--- EXERCISE INPUT Enclosed Below ---

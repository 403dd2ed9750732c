-- ===== src/Platform/Control/Calls.antt =====
-- What changes databases, backups and clusters, one call after another: the requests of users and administrators,
-- the handlers of jobs and what follows a job that failed for good, and the scheduler's ticks.
use eminidatabase.Base.{ℕ, Option, List, [], ◌∷◌}
use eminidatabase.Base.Action.{◌>>◌, pure}
use eminidatabase.Platform.Jobs.{JobType, Payload}
use eminidatabase.Platform.Placement.{BackupPolicy, Resources}
use eminidatabase.Platform.Control.{Control, Tx}
use eminidatabase.Platform.Control.Agent.{Agents}
use eminidatabase.Platform.Control.Orchestrator.{World}
use eminidatabase.Platform.Control.BackupJobs.{handle_job, terminal_failure}
use eminidatabase.Platform.Control.Databases.{
  Caller, DatabaseCreate, create_database, delete_database, suspend_database, resume_database,
  resize_database,
}
use eminidatabase.Platform.Control.MigrationRequest.{migrate_database}
use eminidatabase.Platform.Control.Backups.{create_backup, restore_backup, set_backup_policy}
use eminidatabase.Platform.Control.Failover.{attach_replica, trigger_failover}
use eminidatabase.Platform.Control.FailoverCheck.{check_and_failover_unhealthy_clusters}
use eminidatabase.Platform.Control.Schedule.{
  enqueue_due_backups, enqueue_due_verifications, purge_expired_automatic_backups, meter_usage,
}

-- What an organization's member can ask for.
pub data Request : Type 0 where
  creates : DatabaseCreate → (suffix : List ℕ) → Request
  deletes suspends resumes backs_up : (database_id : ℕ) → Request
  resizes : (database_id : ℕ) → Resources → Request
  restores : (database_id backup_id name : ℕ) (suffix : List ℕ) → Request
  sets_policy : (database_id : ℕ) → BackupPolicy → Request

pub data Call : Type 0 where
  requests : Caller → Request → Call
  migrates : (admin_id database_id target_node_id : ℕ) → Call
  attaches : (cluster_id node_id : ℕ) → Call
  fails_over : (cluster_id : ℕ) → Call
  runs_job : World → (endpoint : ℕ → Option ℕ) → ℕ → JobType → Payload → Call
  gives_up : ℕ → JobType → Payload → Call
  ticks : Call

unfoldable pub handle_request : Agents → Caller → Request → (now : ℕ) → Tx (Unit {0})
handle_request agents c (creates payload suffix) now =
    create_database c payload suffix now >> pure tt
handle_request agents c (deletes k) now = delete_database c k now
handle_request agents c (suspends k) now = suspend_database c k now
handle_request agents c (resumes k) now = resume_database c k now
handle_request agents c (backs_up k) now = create_backup c k now >> pure tt
handle_request agents c (resizes k limits) now = resize_database agents c k limits
handle_request agents c (restores k backup_id name suffix) now =
    restore_backup c k backup_id name suffix now >> pure tt
handle_request agents c (sets_policy k policy) now = set_backup_policy c k policy

-- One tick of the scheduler, without the invoices, which are another part's.
unfoldable pub tick : Agents → (now : ℕ) → Tx (Unit {0})
tick agents now = do
  enqueue_due_backups now
  enqueue_due_verifications now
  purge_expired_automatic_backups agents now
  check_and_failover_unhealthy_clusters agents now
  meter_usage agents
  pure tt

unfoldable pub handle : Agents → Call → (now : ℕ) → Tx (Unit {0})
unfolding handle_request tick
handle agents (requests c r) now = handle_request agents c r now
handle agents (migrates admin_id k node_id) now = migrate_database admin_id k node_id now
handle agents (attaches cluster_id node_id) now =
    attach_replica agents cluster_id node_id >> pure tt
handle agents (fails_over cluster_id) now = trigger_failover agents cluster_id now >> pure tt
handle agents (runs_job w endpoint job_id type_name job) now =
    handle_job w endpoint job_id type_name job now
handle agents (gives_up job_id type_name job) now = terminal_failure job_id type_name job now
handle agents ticks now = tick agents now

-- Calls with the time and the agents' answers of each.
unfoldable pub run : List (Agents × Call × ℕ) → Control → Control
run [] s = s
run ((agents, call, now) ∷ calls) s = run calls (handle agents call now s).1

--- End of Enclosed EXERCISE INPUT ---

INSTRUCTIONS TO FOLLOW >> The word to find is "suspends". Copy every line of the data that holds it.

EXERCISE RESPONSE >>
  deletes suspends resumes backs_up : (database_id : ℕ) → Request
handle_request agents c (suspends k) now = suspend_database c k now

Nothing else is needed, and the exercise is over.